Stored data
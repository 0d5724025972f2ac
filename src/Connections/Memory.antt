-- ===== src/Connections/Memory.antt =====
-- server/internal/connections/driven/memory/repository.go: the Repository, OAuthRepository,
-- RefreshQueue and StatusCounter of the connections module. Its maps are lists whose keys are distinct;
-- Go's order of iteration over a map is left open, and here it is the order of the list. The mutex
-- makes each method one step.
pub mod States
pub mod Claims
use beecon.Base.{
  ℕ, ◌+◌, ◌-◌, String, Bool, true, false, not, ◌&&◌, ◌||◌, Option, none, some, List, [], ◌∷◌, map,
  length, take, filter, count, ltb, leb, ◌==◌, str_eq, if◌then◌else◌,
}
use beecon.Base.Keyed
use beecon.Base.Sort.{sort}
use beecon.Connections.Types.{Status, active, Connection, OauthState, status_eq}

-- An entry of refreshLeaseUntil or reconcileLeaseUntil.
pub record Lease : Type 0 where
  pub connection : ℕ
  pub until : ℕ

pub record Repository : Type 0 where
  pub connections : List Connection
  pub states : List OauthState
  pub refresh_leases : List Lease
  pub reconcile_leases : List Lease

abbrev pub connection_key : Connection → ℕ
connection_key c = c.id

abbrev pub lease_key : Lease → ℕ
lease_key l = l.connection

unfoldable pub new_repository : Repository
new_repository = record {
  connections = [];
  states = [];
  refresh_leases = [];
  reconcile_leases = [];
}

unfoldable pub save : Connection → Repository → Repository
save c r = record r { connections = Keyed.put connection_key c r.connections }

abbrev pub in_org : ℕ → Option Connection → Option Connection
in_org org none = none
in_org org (some c) = if c.org_id == org then some c else none

unfoldable pub find_by_id : ℕ → ℕ → Repository → Option Connection
find_by_id org id r = in_org org (Keyed.find connection_key id r.connections)

unfoldable pub update_connection : Connection → Repository → Repository
update_connection c r = record r {
  connections = Keyed.put connection_key c r.connections;
  refresh_leases = Keyed.remove lease_key c.id r.refresh_leases;
  reconcile_leases = Keyed.remove lease_key c.id r.reconcile_leases;
}

abbrev pub in_status : Status → Option Connection → Option Connection
in_status status none = none
in_status status (some c) = if status_eq c.status status then some c else none

-- Whether the flip was made comes back beside the repository.
unfoldable pub transition_status : ℕ → ℕ → Status → Status → Repository → Bool × Repository
unfolding status_eq
transition_status org id from to r =
    elim (in_status from (in_org org (Keyed.find connection_key id r.connections))) [
      | none ↦ (false, r)
      | some c ↦ (
        true,
        record r {
          connections = Keyed.put connection_key (record c { status = to }) r.connections;
        },
      )
    ]

-- `lease, leased := m[id]; leased && lease.After(now)`
unfoldable pub leased_past : ℕ → ℕ → List Lease → Bool
leased_past now id leases = elim (Keyed.find lease_key id leases) [
  | none ↦ false
  | some l ↦ ltb now l.until
]

-- `t != nil && t.After(bound)`
abbrev pub after : ℕ → Option ℕ → Bool
after bound none = false
after bound (some t) = ltb bound t

unfoldable pub is_due_for_refresh_claim : ℕ → ℕ → List Lease → Connection → Bool
unfolding status_eq leased_past
is_due_for_refresh_claim now lead leases c =
    status_eq c.status active
    && not (after (now + lead) c.token_expires_at)
    && not (leased_past now c.id leases)

unfoldable pub is_due_for_reconcile_claim : ℕ → ℕ → List Lease → Connection → Bool
unfolding status_eq leased_past
is_due_for_reconcile_claim now interval leases c =
    status_eq c.status active
    && not (after (now - interval) c.reconciled_at)
    && not (leased_past now c.id leases)

unfoldable pub oldest_first : Connection → Connection → Bool
oldest_first a b =
    if a.created_at == b.created_at then ltb a.id b.id else ltb a.created_at b.created_at

-- `m[connection.ID] = leaseUntil` for each claimed connection.
unfoldable pub lease_all : ℕ → List Connection → List Lease → List Lease
lease_all until [] leases = leases
lease_all until (c ∷ cs) leases =
    lease_all until cs (Keyed.put lease_key (record { connection = c.id; until = until }) leases)

-- The batch of a claim: what is due, oldest first, cut to the limit.
unfoldable pub due_batch : (Connection → Bool) → ℕ → List Connection → List Connection
due_batch due limit cs = take limit (sort oldest_first (filter due cs))

unfoldable pub claim_due_refresh : ℕ → ℕ → ℕ → ℕ → Repository → List Connection × Repository
unfolding due_batch is_due_for_refresh_claim lease_all
claim_due_refresh now lead lease_ttl limit r =
    let batch =
      due_batch (is_due_for_refresh_claim now lead r.refresh_leases) limit r.connections in
    (batch, record r { refresh_leases = lease_all (now + lease_ttl) batch r.refresh_leases })

unfoldable pub claim_due_reconcile : ℕ → ℕ → ℕ → ℕ → Repository → List Connection × Repository
unfolding due_batch is_due_for_reconcile_claim lease_all
claim_due_reconcile now interval lease_ttl limit r =
    let batch =
      due_batch (is_due_for_reconcile_claim now interval r.reconcile_leases) limit r.connections in
    (batch, record r { reconcile_leases = lease_all (now + lease_ttl) batch r.reconcile_leases })

abbrev pub find_token : String → List Connection → Option Connection
find_token token [] = none
find_token token (c ∷ cs) = if str_eq c.connect_token token then some c else find_token token cs

unfoldable pub find_by_connect_token : String → Repository → Option Connection
find_by_connect_token token r = find_token token r.connections

unfoldable pub find_connection_for_callback : ℕ → Repository → Option Connection
find_connection_for_callback id r = Keyed.find connection_key id r.connections

-- The map of states has texts as its keys.
unfoldable pub lookup_state : String → List OauthState → Option OauthState
lookup_state state [] = none
lookup_state state (s ∷ ss) = if str_eq s.state state then some s else lookup_state state ss

unfoldable pub store_state : OauthState → List OauthState → List OauthState
store_state s [] = s ∷ []
store_state s (t ∷ ts) = if str_eq t.state s.state then s ∷ ts else t ∷ store_state s ts

unfoldable pub save_state : OauthState → Repository → Repository
unfolding store_state
save_state s r = record r { states = store_state s r.states }

unfoldable pub find_state : String → Repository → Option OauthState
unfolding lookup_state
find_state state r = lookup_state state r.states

unfoldable pub mark_state_consumed : String → ℕ → Repository → Repository
unfolding lookup_state store_state
mark_state_consumed state at r = elim (lookup_state state r.states) [
  | none ↦ r
  | some s ↦ record r { states = store_state (record s { consumed_at = some at }) r.states }
]

pub record ListCursor : Type 0 where
  pub created_at : ℕ
  pub id : ℕ

-- `user_id` is none for the empty id, which lists every user.
pub record ListFilter : Type 0 where
  pub user_id : Option ℕ
  pub cursor : Option ListCursor
  pub limit : ℕ

unfoldable pub is_after_cursor : Connection → ListCursor → Bool
is_after_cursor c cursor =
    if ltb c.created_at cursor.created_at
    then true
    else if c.created_at == cursor.created_at
    then ltb c.id cursor.id
    else false

abbrev pub passes : {A : Type 0} → (A → Bool) → Option A → Bool
passes p none = true
passes p (some a) = p a

unfoldable pub matches_list_filter : ℕ → ListFilter → Connection → Bool
unfolding is_after_cursor
matches_list_filter org f c =
    (c.org_id == org)
    && passes (λ user. c.user_id == user) f.user_id
    && passes (is_after_cursor c) f.cursor

unfoldable pub newest_first : Connection → Connection → Bool
newest_first a b =
    if a.created_at == b.created_at then ltb b.id a.id else ltb b.created_at a.created_at

-- `limit > 0 && len(matches) > limit`, where the slice is cut.
abbrev pub cut_to : {A : Type 0} → ℕ → List A → List A
cut_to limit xs = if ltb 0 limit && ltb limit (length xs) then take limit xs else xs

unfoldable pub list_connections : ℕ → ListFilter → Repository → List Connection
unfolding matches_list_filter newest_first
list_connections org f r =
    cut_to f.limit (sort newest_first (filter (matches_list_filter org f) r.connections))

unfoldable pub delete : ℕ → ℕ → Repository → Repository
delete org id r = elim (in_org org (Keyed.find connection_key id r.connections)) [
  | none ↦ r
  | some _ ↦ record r { connections = Keyed.remove connection_key id r.connections }
]

unfoldable pub count_by_status : Status → Repository → ℕ
unfolding status_eq
count_by_status status r = count (λ c. status_eq c.status status) r.connections
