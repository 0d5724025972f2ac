-- ===== src/Connections/Ports.antt =====
-- server/internal/connections/port.go, the Facade struct of facade.go, and what they take of the
-- organizations and catalog modules. Logging bodies and metrics are left out. The cryptography of the
-- vault, encoding/json, net/url and the provider's servers are fields of the facade.
use beecon.Base.{
  ℕ, String, Bool, true, false, ◌&&◌, ◌||◌, Option, none, some, List, [], ◌∷◌, str_eq, ◌==◌,
  if◌then◌else◌,
}
use beecon.Base.Effects.{Result}
use beecon.Base.Effects.Ports.{Ticked}
use beecon.Connections.Memory.{Repository}

-- organizations/types.go.
pub record Url : Type 0 where
  pub scheme : String
  pub host : String
  pub path : String

pub record Organization : Type 0 where
  pub allowed_redirect_uris : List String

unfoldable pub is_origin_only : Url → Bool
is_origin_only u = str_eq u.path "" || str_eq u.path "/"

abbrev same_origin : Option Url → Option Url → Bool
same_origin none _ = false
same_origin (some a) none = false
same_origin (some a) (some c) = is_origin_only a && str_eq a.scheme c.scheme && str_eq a.host c.host

unfoldable pub redirect_uri_matches : (String → Option Url) → String → String → Bool
unfolding is_origin_only
redirect_uri_matches parse_url allowed candidate =
    str_eq allowed candidate || same_origin (parse_url allowed) (parse_url candidate)

unfoldable pub allows_redirect_uri : (String → Option Url) → String → List String → Bool
unfolding redirect_uri_matches
allows_redirect_uri parse_url candidate [] = false
allows_redirect_uri parse_url candidate (a ∷ as') =
    redirect_uri_matches parse_url a candidate || allows_redirect_uri parse_url candidate as'

-- catalog/types.go, as far as a connection reads it.
pub record ExpectedParam : Type 0 where
  pub name : String
  pub required : Bool

pub record ProviderDefinition : Type 0 where
  pub name : String
  pub logo : String
  pub authorize_url : String
  pub token_url : String
  pub user_info_url : String
  pub scopes : List String
  pub credential_style : String
  pub email_field : String
  pub display_name_field : String
  pub expected_params : List ExpectedParam

pub record Integration : Type 0 where
  pub provider_slug : String
  pub client_id : String
  pub client_secret : String

pub record TokenExchangeRequest : Type 0 where
  pub token_url : String
  pub client_id : String
  pub client_secret : String
  pub code : String
  pub redirect_uri : String
  pub credential_style : String

-- `expires_in` is 0 where the provider gave no number of seconds above 0.
pub record TokenExchangeResult : Type 0 where
  pub access_token : String
  pub refresh_token : String
  pub expires_in : ℕ

pub record RefreshGrantRequest : Type 0 where
  pub token_url : String
  pub client_id : String
  pub client_secret : String
  pub refresh_token : String
  pub credential_style : String

pub record AccountInfo : Type 0 where
  pub email : String
  pub display_name : String

pub record AccountFetchRequest : Type 0 where
  pub user_info_url : String
  pub access_token : String
  pub email_field : String
  pub display_name_field : String

-- RefreshGrant: the new tokens, the error RefreshDenied, or any other error.
pub data Grant : Type 0 where
  granted : TokenExchangeResult → Grant
  refresh_denied : String → Grant
  transient : ℕ → Grant

-- FetchUserInfo: no error, ErrProbeUnauthorized, or any other error.
pub data Probe : Type 0 where
  honored unauthorized unreachable : Probe

pub record LogEntry : Type 0 where
  pub org_id : ℕ
  pub user_id : ℕ
  pub connection_id : ℕ
  pub status : ℕ

-- expired_event.go.
pub data ExpiredReason : Type 0 where
  denied reconciliation_failed : ExpiredReason

pub record ExpiredEvent : Type 0 where
  pub org_id : ℕ
  pub connection_id : ℕ
  pub user_id : ℕ
  pub integration_id : ℕ
  pub provider_slug : String
  pub reason : ExpiredReason

-- A port that is nil is `false` here, and its calls do nothing. The first argument of a port is the
-- number of the call.
pub record Facade : Type 0 where
  pub now : ℕ → ℕ
  pub fault : ℕ → Option ℕ
  pub new_id : ℕ → ℕ
  pub new_token : ℕ → String
  pub new_state : ℕ → String
  pub base_url : String
  pub parse_url : String → Option Url
  pub get_organization : ℕ → ℕ → Result Organization
  pub get_user : ℕ → ℕ → ℕ → Result (Unit {0})
  pub get_integration : ℕ → ℕ → Result Integration
  pub get_visible_integration : ℕ → ℕ → ℕ → Result Integration
  pub get_provider_definition : ℕ → String → Result ProviderDefinition
  pub encrypt : ℕ → String → Result String
  pub decrypt : String → Result String
  pub encode_params : List (String × String) → String
  pub decode_params : String → Result (List (String × String))
  pub exchange_code : ℕ → TokenExchangeRequest → Result TokenExchangeResult
  pub fetch_account : ℕ → AccountFetchRequest → Result AccountInfo
  pub refresh_grant : ℕ → RefreshGrantRequest → Grant
  pub fetch_user_info : ℕ → String → String → Probe
  pub has_recorder : Bool
  pub has_events : Bool
  pub has_dependents : Bool
  pub refresh_lead : ℕ
  pub reconcile_interval : ℕ
  pub spacing : ℕ → ℕ
  pub sleep : ℕ → ℕ → Result (Unit {0})

-- Ten minutes, and six hours: WithScheduling changes a setting only to a number above 0.
abbrev default_refresh_lead : ℕ
default_refresh_lead = 600_000_000_000

abbrev default_reconcile_interval : ℕ
default_reconcile_interval = 21_600_000_000_000

unfoldable pub with_scheduling : ℕ → ℕ → Facade → Facade
with_scheduling lead interval f = record f {
  has_events = true;
  refresh_lead = if lead == 0 then f.refresh_lead else lead;
  reconcile_interval = if interval == 0 then f.reconcile_interval else interval;
}

-- The repository, and what has gone out through the other ports, latest first: the events, the
-- deletions that the dependents were told of, the log, and the connections of the refresh grants.
pub record Outside : Type 0 where
  pub repo : Repository
  pub expired_events : List ExpiredEvent
  pub deletions : List (ℕ × ℕ)
  pub log : List LogEntry
  pub grants : List ℕ

abbrev pub World : Type 0
World = Ticked Outside

abbrev pub on_repo : {A : Type 0} → (Repository → A × Repository) → Outside → A × Outside
on_repo m o = let (a, r) = m o.repo in (a, record o { repo = r })

abbrev pub set_repo : (Repository → Repository) → Outside → Outside
set_repo g o = record o { repo = g o.repo }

§ **Directions**
Beginning with the first line above, could you copy every line exactly, up to and including the one with "lease_key l = l.connection"?

§ **Solution to this exercise**
repository 0d5724025972f2ac
filename src/Connections/Memory.antt
-- ===== src/Connections/Memory.antt =====
-- server/internal/connections/driven/memory/repository.go: the Repository, OAuthRepository,
-- RefreshQueue and StatusCounter of the connections module. Its maps are lists whose keys are distinct;
-- Go's order of iteration over a map is left open, and here it is the order of the list. The mutex
-- makes each method one step.
pub mod States
pub mod Claims
use beecon.Base.{
  ℕ, ◌+◌, ◌-◌, String, Bool, true, false, not, ◌&&◌, ◌||◌, Option, none, some, List, [], ◌∷◌, map,
  length, take, filter, count, ltb, leb, ◌==◌, str_eq, if◌then◌else◌,
}
use beecon.Base.Keyed
use beecon.Base.Sort.{sort}
use beecon.Connections.Types.{Status, active, Connection, OauthState, status_eq}

-- An entry of refreshLeaseUntil or reconcileLeaseUntil.
pub record Lease : Type 0 where
  pub connection : ℕ
  pub until : ℕ

pub record Repository : Type 0 where
  pub connections : List Connection
  pub states : List OauthState
  pub refresh_leases : List Lease
  pub reconcile_leases : List Lease

abbrev pub connection_key : Connection → ℕ
connection_key c = c.id

abbrev pub lease_key : Lease → ℕ
lease_key l = l.connection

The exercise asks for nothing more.